Грохочет Ниагарский водопад, я пытаюсь перекричать грохот: «Мне о вас говорил Чубайс!» Профессор не слышит. Кивает из вежливости. Мы бредем к кафе, где еще успеем поговорить о третьей фазе клинических испытаний, которую проходит перед выходом на рынок любое противораковое лекарство. И которую именно сейчас проходят сразу несколько препаратов, созданных в лаборатории профессора Андрея Гудкова, русского американца, не чувствующего себя беглецом. Русского ученого, не потерявшего свою национальную идентичность, но ставшего ученым с мировым именем. И с открытыми миру возможностями.

«После второй фазы, – сообщает Гудков, – происходит наибольшее количество продаж, то есть лекарство из биотехнологической компании, от первичных разработчиков переходит к фармацевтическим гигантам.

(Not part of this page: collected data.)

-- ===== src/Canon/Wire.antt =====
-- The primitive formats of SPEC.md §3 as prefix codes, read independently of the buffer.
use sohocloud_protocol.Prelude.{
  ℕ, ◌≡◌, refl, Option, none, some, Bool, true, false, List, [], ◌∷◌, ◌++◌, append_assoc, length,
  take, drop, take-length_append, drop-length_append, arith, leb, ◌==◌, if◌then◌else◌,
  length-append,
}
use sohocloud_protocol.Prelude.Int.{ℤ, IsI64, IsU64, to_u64, to_i64, to_u64-IsU64, to_i64-to_u64}
use sohocloud_protocol.Prelude.Bytes.{bytes_equal, bytes_equal_refl}
use sohocloud_protocol.Golang.Binary.{
  put_uvarint, get_uvarint, get_uvarint-put_uvarint, put_uint64, get_uint64, get_uint64-put_uint64,
}
use sohocloud_protocol.Canon.Codec.{Codec, ◌>>=◌}

-- `string` and `bytes`: the length, then that many bytes. A short input is refused.
abbrev pub text_encode : List ℕ → List ℕ
text_encode s = put_uvarint (length s) ++ s

abbrev pub text_decode : List ℕ → Option (List ℕ × List ℕ)
text_decode l = do
  (n, r) ← get_uvarint l
  if leb n (length r) then some (take n r, drop n r) else none

pub text_decode-encode :
    (s rest : List ℕ) → IsU64 (length s) → text_decode (text_encode s ++ rest) ≡ some (s, rest)
text_decode-encode s rest h = rw append_assoc (
    rw (get_uvarint-put_uvarint (length s) (s ++ rest) h)
      (rw (fits, take-length_append s rest, drop-length_append s rest)))
  where
    fits : leb (length s) (length (s ++ rest)) ≡ true
    fits = ground (arith, length-append s rest)

abbrev pub text : Codec (List ℕ)
text = record {
  encode = text_encode;
  decode = text_decode;
  Fits = λ s. IsU64 (length s);
  decode-encode = text_decode-encode;
}

abbrev pub u64 : Codec ℕ
u64 = record {
  encode = put_uint64;
  decode = get_uint64;
  Fits = IsU64;
  decode-encode = get_uint64-put_uint64;
}

abbrev pub i64_encode : ℤ → List ℕ
i64_encode z = put_uint64 (to_u64 z)

abbrev pub i64_decode : List ℕ → Option (ℤ × List ℕ)
i64_decode l = do (n, r) ← get_uint64 l; some (to_i64 n, r)

pub i64_decode-encode :
    (z : ℤ) (rest : List ℕ) → IsI64 z → i64_decode (i64_encode z ++ rest) ≡ some (z, rest)
i64_decode-encode z rest h =
    rw (get_uint64-put_uint64 (to_u64 z) rest (to_u64-IsU64 z)) (rw (to_i64-to_u64 z h))

-- `int64`, and the nanoseconds of a `time`.
abbrev pub i64 : Codec ℤ
i64 = record {
  encode = i64_encode;
  decode = i64_decode;
  Fits = IsI64;
  decode-encode = i64_decode-encode;
}

abbrev pub flag_encode : Bool → List ℕ
flag_encode true = 1 ∷ []
flag_encode false = 0 ∷ []

-- No byte but 0 and 1 is a `bool`.
abbrev pub flag_decode : List ℕ → Option (Bool × List ℕ)
flag_decode [] = none
flag_decode (b ∷ r) = if b == 1 then some (true, r) else if b == 0 then some (false, r) else none

pub flag_decode-encode :
    (v : Bool) (rest : List ℕ) → Unit {0} → flag_decode (flag_encode v ++ rest) ≡ some (v, rest)
flag_decode-encode true rest _ = refl
flag_decode-encode false rest _ = refl

abbrev pub flag : Codec Bool
flag = record {
  encode = flag_encode;
  decode = flag_decode;
  Fits = λ v. Unit {0};
  decode-encode = flag_decode-encode;
}

-- A message: its domain tag as a string, then its fields. Another tag is refused.
module _ {A : Type 0} (tag : List ℕ) (c : Codec A) where
  abbrev pub tagged_encode : A → List ℕ
  tagged_encode a = text_encode tag ++ c.encode a

  abbrev pub tagged_decode : List ℕ → Option (A × List ℕ)
  tagged_decode l = do (t, r) ← text_decode l; if bytes_equal t tag then c.decode r else none

  pub tagged_decode-encode :
      (a : A) (rest : List ℕ)
      → IsU64 (length tag) × c.Fits a
      → tagged_decode (tagged_encode a ++ rest) ≡ some (a, rest)
  tagged_decode-encode a rest (h, k) = rw append_assoc (
      rw (text_decode-encode tag (c.encode a ++ rest) h)
        (rw (bytes_equal_refl tag) (c.decode-encode a rest k)))

abbrev pub tagged : {A : Type 0} → List ℕ → Codec A → Codec A
tagged tag c = record {
  encode = tagged_encode tag c;
  decode = tagged_decode tag c;
  Fits = λ a. IsU64 (length tag) × c.Fits a;
  decode-encode = tagged_decode-encode tag c;
}
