module _ {h : Host} (cast : ZeroCast h) where
  -- A plain opcode with an operand in range is defined, and keeps the invariant and the program.
  pub execute-Keeps :
      (op : Op) (n : ℕ) (vm : Vm h)
      → ProgramOk vm.program
      → IsWf (kinds vm.program.var_table) vm
      → OperandOk vm.program vm.cpu.pc op n
      → IsPlain op
      → Ensures (Keeps (kinds vm.program.var_table) vm.program) (execute op n vm)
  unfolding execute op_jump op_rnd op_randomize op_array_get_1d op_array_set_1d op_array_get_2d
      op_array_set_2d op_str_array_get_1d op_str_array_set_1d op_str_array_get_2d
      op_str_array_set_2d
  execute-Keeps Op.push_const n vm good g b plain =
      with_cpu? (record { wf = g; same = refl }) _
        (Ensures-op_push_const vm.program.const_pool n b g.cpu_ok)
  execute-Keeps Op.push_var n vm good g b plain =
      with_cpu? (record { wf = g; same = refl }) _ (Ensures-op_push_var g.cpu_ok g.store_ok n b)
  execute-Keeps Op.pop_var n vm good g b plain =
      with_store (record { wf = g; same = refl }) _ (Ensures-op_pop_var g.cpu_ok g.store_ok n b)
  execute-Keeps Op.dup n vm good g b plain =
      Keeps-cpu (CpuOk-op_dup g.cpu_ok) (record { wf = g; same = refl })
  execute-Keeps Op.pop n vm good g b plain =
      Keeps-cpu (CpuOk-op_pop g.cpu_ok) (record { wf = g; same = refl })
  execute-Keeps Op.str_pop_var n vm good g b plain =
      with_store (record { wf = g; same = refl }) _ (Ensures-op_str_pop_var g.cpu_ok g.store_ok n b)
  execute-Keeps Op.str_push_var n vm good g b plain =
      with_cpu? (record { wf = g; same = refl }) _ (Ensures-op_str_push_var g.cpu_ok g.store_ok n b)
  execute-Keeps Op.add n vm good g b plain =
      Keeps-cpu (CpuOk-op_checked h.add g.cpu_ok) (record { wf = g; same = refl })
  execute-Keeps Op.sub n vm good g b plain =
      Keeps-cpu (CpuOk-op_checked h.sub g.cpu_ok) (record { wf = g; same = refl })
  execute-Keeps Op.mul n vm good g b plain =
      Keeps-cpu (CpuOk-op_checked h.mul g.cpu_ok) (record { wf = g; same = refl })
  execute-Keeps Op.div n vm good g b plain =
      Keeps-cpu (CpuOk-op_div g.cpu_ok) (record { wf = g; same = refl })
  execute-Keeps Op.modulo n vm good g b plain =
      Keeps-cpu (CpuOk-op_checked h.fmod g.cpu_ok) (record { wf = g; same = refl })
  execute-Keeps Op.pow n vm good g b plain =
      Keeps-cpu (CpuOk-op_binary h.pow g.cpu_ok) (record { wf = g; same = refl })
  execute-Keeps Op.neg n vm good g b plain =
      Keeps-cpu (CpuOk-op_unary h.neg g.cpu_ok) (record { wf = g; same = refl })
  execute-Keeps Op.eq n vm good g b plain =
      Keeps-cpu (CpuOk-op_eq g.cpu_ok) (record { wf = g; same = refl })
  execute-Keeps Op.ne n vm good g b plain =
      Keeps-cpu (CpuOk-op_ne g.cpu_ok) (record { wf = g; same = refl })
  execute-Keeps Op.lt n vm good g b plain =
      Keeps-cpu (CpuOk-op_lt g.cpu_ok) (record { wf = g; same = refl })
  execute-Keeps Op.le n vm good g b plain =
      Keeps-cpu (CpuOk-op_le g.cpu_ok) (record { wf = g; same = refl })
  execute-Keeps Op.gt n vm good g b plain =
      Keeps-cpu (CpuOk-op_gt g.cpu_ok) (record { wf = g; same = refl })
  execute-Keeps Op.ge n vm good g b plain =
      Keeps-cpu (CpuOk-op_ge g.cpu_ok) (record { wf = g; same = refl })
  execute-Keeps Op.and n vm good g b plain =
      Keeps-cpu (CpuOk-op_and g.cpu_ok) (record { wf = g; same = refl })
  execute-Keeps Op.or n vm good g b plain =
      Keeps-cpu (CpuOk-op_or g.cpu_ok) (record { wf = g; same = refl })
  execute-Keeps Op.not n vm good g b plain =
      Keeps-cpu (CpuOk-op_not g.cpu_ok) (record { wf = g; same = refl })
  execute-Keeps Op.str_push n vm good g b plain =
      with_cpu? (record { wf = g; same = refl }) _
        (Ensures-op_str_push vm.program.string_pool n b g.cpu_ok)
  execute-Keeps Op.str_concat n vm good g b plain =
      Keeps-cpu (CpuOk-stopped g.cpu_ok) (record { wf = g; same = refl })
  execute-Keeps Op.str_len n vm good g b plain =
      Keeps-cpu (CpuOk-op_len g.cpu_ok) (record { wf = g; same = refl })
  execute-Keeps Op.str_val n vm good g b plain =
      Keeps-cpu (CpuOk-op_val g.cpu_ok) (record { wf = g; same = refl })
  execute-Keeps Op.str_chr n vm good g b plain =
      Keeps-cpu (CpuOk-op_chr g.cpu_ok) (record { wf = g; same = refl })
  execute-Keeps Op.str_str n vm good g b plain =
      Keeps-cpu (CpuOk-op_str g.cpu_ok) (record { wf = g; same = refl })
  execute-Keeps Op.str_asc n vm good g b plain =
      Keeps-cpu (CpuOk-op_asc g.cpu_ok) (record { wf = g; same = refl })
  execute-Keeps Op.str_left n vm good g b plain = absurd plain
  execute-Keeps Op.str_right n vm good g b plain =
      with_cpu? (record { wf = g; same = refl }) _ (Ensures-op_right g.cpu_ok)
  execute-Keeps Op.str_mid n vm good g b plain = absurd plain
  execute-Keeps Op.str_mid_2 n vm good g b plain = absurd plain
  execute-Keeps Op.fn_err n vm good g b plain =
      Keeps-cpu (CpuOk-op_fn_err g.cpu_ok) (record { wf = g; same = refl })
  execute-Keeps Op.array_get_1d n vm good g b plain =
      with_store (record { wf = g; same = refl }) _
        (Ensures-array_get_1d n false b g.store_ok g.cpu_ok)
  execute-Keeps Op.array_set_1d n vm good g b plain =
      with_store (record { wf = g; same = refl }) _
        (Ensures-array_set_1d n false b g.store_ok g.cpu_ok)
  execute-Keeps Op.array_get_2d n vm good g b plain =
      with_store (record { wf = g; same = refl }) _
        (Ensures-array_get_2d n false b g.store_ok g.cpu_ok)
  execute-Keeps Op.array_set_2d n vm good g b plain =
      with_store (record { wf = g; same = refl }) _
        (Ensures-array_set_2d n false b g.store_ok g.cpu_ok)
  execute-Keeps Op.dim_1d n vm good g b plain =
      let s = slot_kind _ n b in
      with_store (record { wf = g; same = refl }) _
        (Ensures-op_dim_1d n s.0 s.1 g.store_ok g.cpu_ok)
  execute-Keeps Op.dim_2d n vm good g b plain = absurd plain
  execute-Keeps Op.str_array_get_1d n vm good g b plain =
      with_store (record { wf = g; same = refl }) _
        (Ensures-array_get_1d n true b g.store_ok g.cpu_ok)
  execute-Keeps Op.str_array_set_1d n vm good g b plain =
      with_store (record { wf = g; same = refl }) _
        (Ensures-array_set_1d n true b g.store_ok g.cpu_ok)
  execute-Keeps Op.str_array_get_2d n vm good g b plain =
      with_store (record { wf = g; same = refl }) _
        (Ensures-array_get_2d n true b g.store_ok g.cpu_ok)
  execute-Keeps Op.str_array_set_2d n vm good g b plain =
      with_store (record { wf = g; same = refl }) _
        (Ensures-array_set_2d n true b g.store_ok g.cpu_ok)
  execute-Keeps Op.jump n vm good g b plain =
      Keeps-cpu (CpuOk-pc n g.cpu_ok) (record { wf = g; same = refl })
  execute-Keeps Op.jump_if_false n vm good g b plain =
      Keeps-cpu (CpuOk-op_jump_if true n g.cpu_ok) (record { wf = g; same = refl })
  execute-Keeps Op.jump_if_true n vm good g b plain =
      Keeps-cpu (CpuOk-op_jump_if false n g.cpu_ok) (record { wf = g; same = refl })
  execute-Keeps Op.jump_line n vm good g b plain =
      Keeps-cpu (CpuOk-op_jump_line _ false g.cpu_ok) (record { wf = g; same = refl })
  execute-Keeps Op.gosub n vm good g b plain =
      Keeps-cpu (CpuOk-op_gosub n g.cpu_ok) (record { wf = g; same = refl })
  execute-Keeps Op.gosub_line n vm good g b plain =
      Keeps-cpu (CpuOk-op_jump_line _ true g.cpu_ok) (record { wf = g; same = refl })
  execute-Keeps Op.return n vm good g b plain =
      Keeps-cpu (CpuOk-op_return g.cpu_ok) (record { wf = g; same = refl })
  execute-Keeps Op.on_goto n vm good g b plain =
      with_cpu? (record { wf = g; same = refl }) _
        (Ensures-op_on cast vm.program.code false n b good.code_small g.cpu_ok)
  execute-Keeps Op.on_gosub n vm good g b plain =
      with_cpu? (record { wf = g; same = refl }) _
        (Ensures-op_on cast vm.program.code true n b good.code_small g.cpu_ok)
  execute-Keeps Op.for_init n vm good g b plain =
      with_store (record { wf = g; same = refl }) _ (Ensures-op_for_init g.cpu_ok g.store_ok n b)
  execute-Keeps Op.for_next n vm good g b plain =
      with_store (record { wf = g; same = refl }) _
        (Ensures-op_for_next vm.program.var_table n g.store_ok g.cpu_ok)
  execute-Keeps Op.print_num n vm good g b plain =
      Keeps-op_print_num (record { wf = g; same = refl })
  execute-Keeps Op.print_str n vm good g b plain =
      Keeps-op_print_str (record { wf = g; same = refl })
  execute-Keeps Op.print_newline n vm good g b plain =
      Keeps-op_print_newline (record { wf = g; same = refl })
  execute-Keeps Op.print_space n vm good g b plain =
      Keeps-op_print_space (record { wf = g; same = refl })
  execute-Keeps Op.print_tab n vm good g b plain =
      Keeps-op_print_tab (record { wf = g; same = refl })
  execute-Keeps Op.tab_func n vm good g b plain = Keeps-op_tab_func (record { wf = g; same = refl })
  execute-Keeps Op.print_nosep n vm good g b plain =
      Keeps-op_print_nosep (record { wf = g; same = refl })
  execute-Keeps Op.input_num n vm good g b plain =
      Ensures-op_input_num n b (record { wf = g; same = refl })
  execute-Keeps Op.input_str n vm good g b plain =
      Ensures-op_input_str n b (record { wf = g; same = refl })
  execute-Keeps Op.input_prompt n vm good g b plain =
      Ensures-op_input_prompt n b (record { wf = g; same = refl })
  execute-Keeps Op.open_file n vm good g b plain = Ensures-op_open (record { wf = g; same = refl })
  execute-Keeps Op.close n vm good g b plain = Ensures-op_close (record { wf = g; same = refl })
  execute-Keeps Op.get n vm good g b plain = Ensures-op_get (record { wf = g; same = refl })
  execute-Keeps Op.put n vm good g b plain = Ensures-op_put (record { wf = g; same = refl })
  execute-Keeps Op.note n vm good g b plain = Ensures-op_note (record { wf = g; same = refl })
  execute-Keeps Op.point n vm good g b plain = absurd plain
  execute-Keeps Op.status n vm good g b plain =
      with_cpu? (record { wf = g; same = refl }) _
        (Ensures-op_status (record { wf = g; same = refl }))
  execute-Keeps Op.xio n vm good g b plain = absurd plain
  execute-Keeps Op.data_read_num n vm good g b plain =
      with_data (record { wf = g; same = refl }) _
        (Ensures-op_data_read_num vm.program n vm.data_pointer b g.store_ok g.cpu_ok good.data_ok)
  execute-Keeps Op.data_read_str n vm good g b plain =
      with_data (record { wf = g; same = refl }) _
        (Ensures-op_data_read_str vm.program n vm.data_pointer b g.store_ok g.cpu_ok good.data_ok)
  execute-Keeps Op.set_print_channel n vm good g b plain =
      Keeps-op_set_print_channel (record { wf = g; same = refl })
  execute-Keeps Op.func_sin n vm good g b plain =
      Keeps-cpu (CpuOk-op_angle h.sin vm.deg_mode g.cpu_ok) (record { wf = g; same = refl })
  execute-Keeps Op.func_cos n vm good g b plain =
      Keeps-cpu (CpuOk-op_angle h.cos vm.deg_mode g.cpu_ok) (record { wf = g; same = refl })
  execute-Keeps Op.func_tan n vm good g b plain =
      Keeps-cpu (CpuOk-op_angle h.tan vm.deg_mode g.cpu_ok) (record { wf = g; same = refl })
  execute-Keeps Op.func_atn n vm good g b plain =
      Keeps-cpu (CpuOk-op_atn vm.deg_mode g.cpu_ok) (record { wf = g; same = refl })
  execute-Keeps Op.func_exp n vm good g b plain =
      Keeps-cpu (CpuOk-op_unary h.exp g.cpu_ok) (record { wf = g; same = refl })
  execute-Keeps Op.func_log n vm good g b plain =
      Keeps-cpu (CpuOk-op_log g.cpu_ok) (record { wf = g; same = refl })
  execute-Keeps Op.func_clog n vm good g b plain =
      Keeps-cpu (CpuOk-op_clog g.cpu_ok) (record { wf = g; same = refl })
  execute-Keeps Op.func_sqr n vm good g b plain =
      Keeps-cpu (CpuOk-op_sqr g.cpu_ok) (record { wf = g; same = refl })
  execute-Keeps Op.func_abs n vm good g b plain =
      Keeps-cpu (CpuOk-op_unary h.fabs g.cpu_ok) (record { wf = g; same = refl })
  execute-Keeps Op.func_int n vm good g b plain =
      Keeps-cpu (CpuOk-op_unary h.floor g.cpu_ok) (record { wf = g; same = refl })
  execute-Keeps Op.func_rnd n vm good g b plain =
      Keeps-random
        (Keeps-cpu (CpuOk-next (CpuOk-vm_push_number _ (CpuOk-vm_pop_number g.cpu_ok)))
          (record { wf = g; same = refl }))
        _
  execute-Keeps Op.func_sgn n vm good g b plain =
      Keeps-cpu (CpuOk-op_sgn g.cpu_ok) (record { wf = g; same = refl })
  execute-Keeps Op.trap n vm good g b plain =
      Keeps-cpu (CpuOk-next (CpuOk-trap n true g.cpu_ok)) (record { wf = g; same = refl })
  execute-Keeps Op.trap_disable n vm good g b plain =
      Keeps-cpu (CpuOk-next (CpuOk-trap _ false g.cpu_ok)) (record { wf = g; same = refl })
  execute-Keeps Op.end n vm good g b plain =
      Keeps-cpu (CpuOk-stopped g.cpu_ok) (record { wf = g; same = refl })
  execute-Keeps Op.stop n vm good g b plain =
      Keeps-cpu (CpuOk-stopped g.cpu_ok) (record { wf = g; same = refl })
  execute-Keeps Op.restore n vm good g b plain =
      Keeps-data_pointer (Keeps-next (record { wf = g; same = refl })) 0
  execute-Keeps Op.restore_line n vm good g b plain =
      Keeps-data_pointer (Keeps-next (record { wf = g; same = refl })) 0
  execute-Keeps Op.deg n vm good g b plain =
      Keeps-deg_mode (Keeps-next (record { wf = g; same = refl })) true
  execute-Keeps Op.rad n vm good g b plain =
      Keeps-deg_mode (Keeps-next (record { wf = g; same = refl })) false
  execute-Keeps Op.randomize n vm good g b plain =
      Keeps-random
        (Keeps-cpu (CpuOk-next (CpuOk-vm_pop_number g.cpu_ok)) (record { wf = g; same = refl })) _
  execute-Keeps Op.clr n vm good g b plain =
      let r = BothOk-op_clr g.store_ok g.cpu_ok in
      Keeps-store r.1 (Keeps-cpu r.0 (record { wf = g; same = refl }))
  execute-Keeps Op.pop_gosub n vm good g b plain =
      Keeps-cpu (CpuOk-op_pop_gosub g.cpu_ok) (record { wf = g; same = refl })
  execute-Keeps Op.nop n vm good g b plain =
      Keeps-cpu (CpuOk-next g.cpu_ok) (record { wf = g; same = refl })
  execute-Keeps Op.halt n vm good g b plain =
      Keeps-cpu (CpuOk-stopped g.cpu_ok) (record { wf = g; same = refl })
  execute-Keeps Op.func_peek n vm good g b plain =
      with_cpu? (record { wf = g; same = refl }) _ (Ensures-op_peek vm.memory g.cpu_ok)
  execute-Keeps Op.poke n vm good g b plain =
      with_memory (record { wf = g; same = refl }) _ (Ensures-op_poke vm.memory g.cpu_ok)
  execute-Keeps (Op.other x) n vm good g b plain =
      Keeps-cpu (CpuOk-stopped g.cpu_ok) (record { wf = g; same = refl })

Они внимательно, как парящие орлы, смотрят на клинические испытания во всем мире и, когда видят, что в этом месте проклюнулась эффективная вторая фаза, пикируют и хватают, и тащат в гнездо, расплачиваясь с родителями этого лекарства, оставляя бизнесменов-организаторов счастливыми и довольными. Потому что только у них есть средства для масштабной третьей фазы, только они потом смогут обеспечить полномасштабное производство и маркетинг. Третья фаза – это фаза, после которой FDA может принять решение дать этому лекарству разрешение на клиническое использование, а значит, и на продажу. Потому третья фаза с точки зрения пациентов – самая главная».

«Тут надо понимать, что FDA со всем его огромным и довольно неповоротливым механизмом сильно пытается не отстать от темпа, в котором сегодня развивается наука», – говорит мне онколог Михаил Ласков. Мы с ним идем, точнее, я бегу рысцой за быстро шагающим от метро «Молодежная» доктором. Через три с половиной минуты в клинике амбулаторной онкологии и гематологии, основанной Ласковым, начнется Tumor board. Ласков и его двое молодых коллег пишут фломастером на стене перечень всех важных научных и медицинских публикаций, касающихся клинических испытаний онкологических препаратов, которые случились за прошедшую неделю. Какие исследования по каким препаратам стартовали? Какие объявили о промежуточных результатах? Какие были закрыты как неуспешные? О каких в профессиональной среде говорят как о перспективных? О том, как быстро результат научных исследований может коснуться пациентов, Ласков говорит: «Формально от такого монстра, как FDA, зависит не только возможность продажи лекарства на рынке, но и то, как скоро оно там появится. Но FDA принимает решения медленно, а мир ускоряется. Все (в том числе и в FDA) довольно давно это поняли и стали думать, что делать, потому что делать что-то действительно надо. В связи с этим появились новые статусы исследований, которыми оперирует FDA. Например, статус Breakthrough therapy designation (прорывная терапия) означает, что лекарство, которое поступило на рассмотрение, многообещающе настолько, что ждать 10 лет, пока его испытают на 10 000 пациентов в разных странах, мы не можем. Поэтому мы прямо сейчас его временно допустим к применению.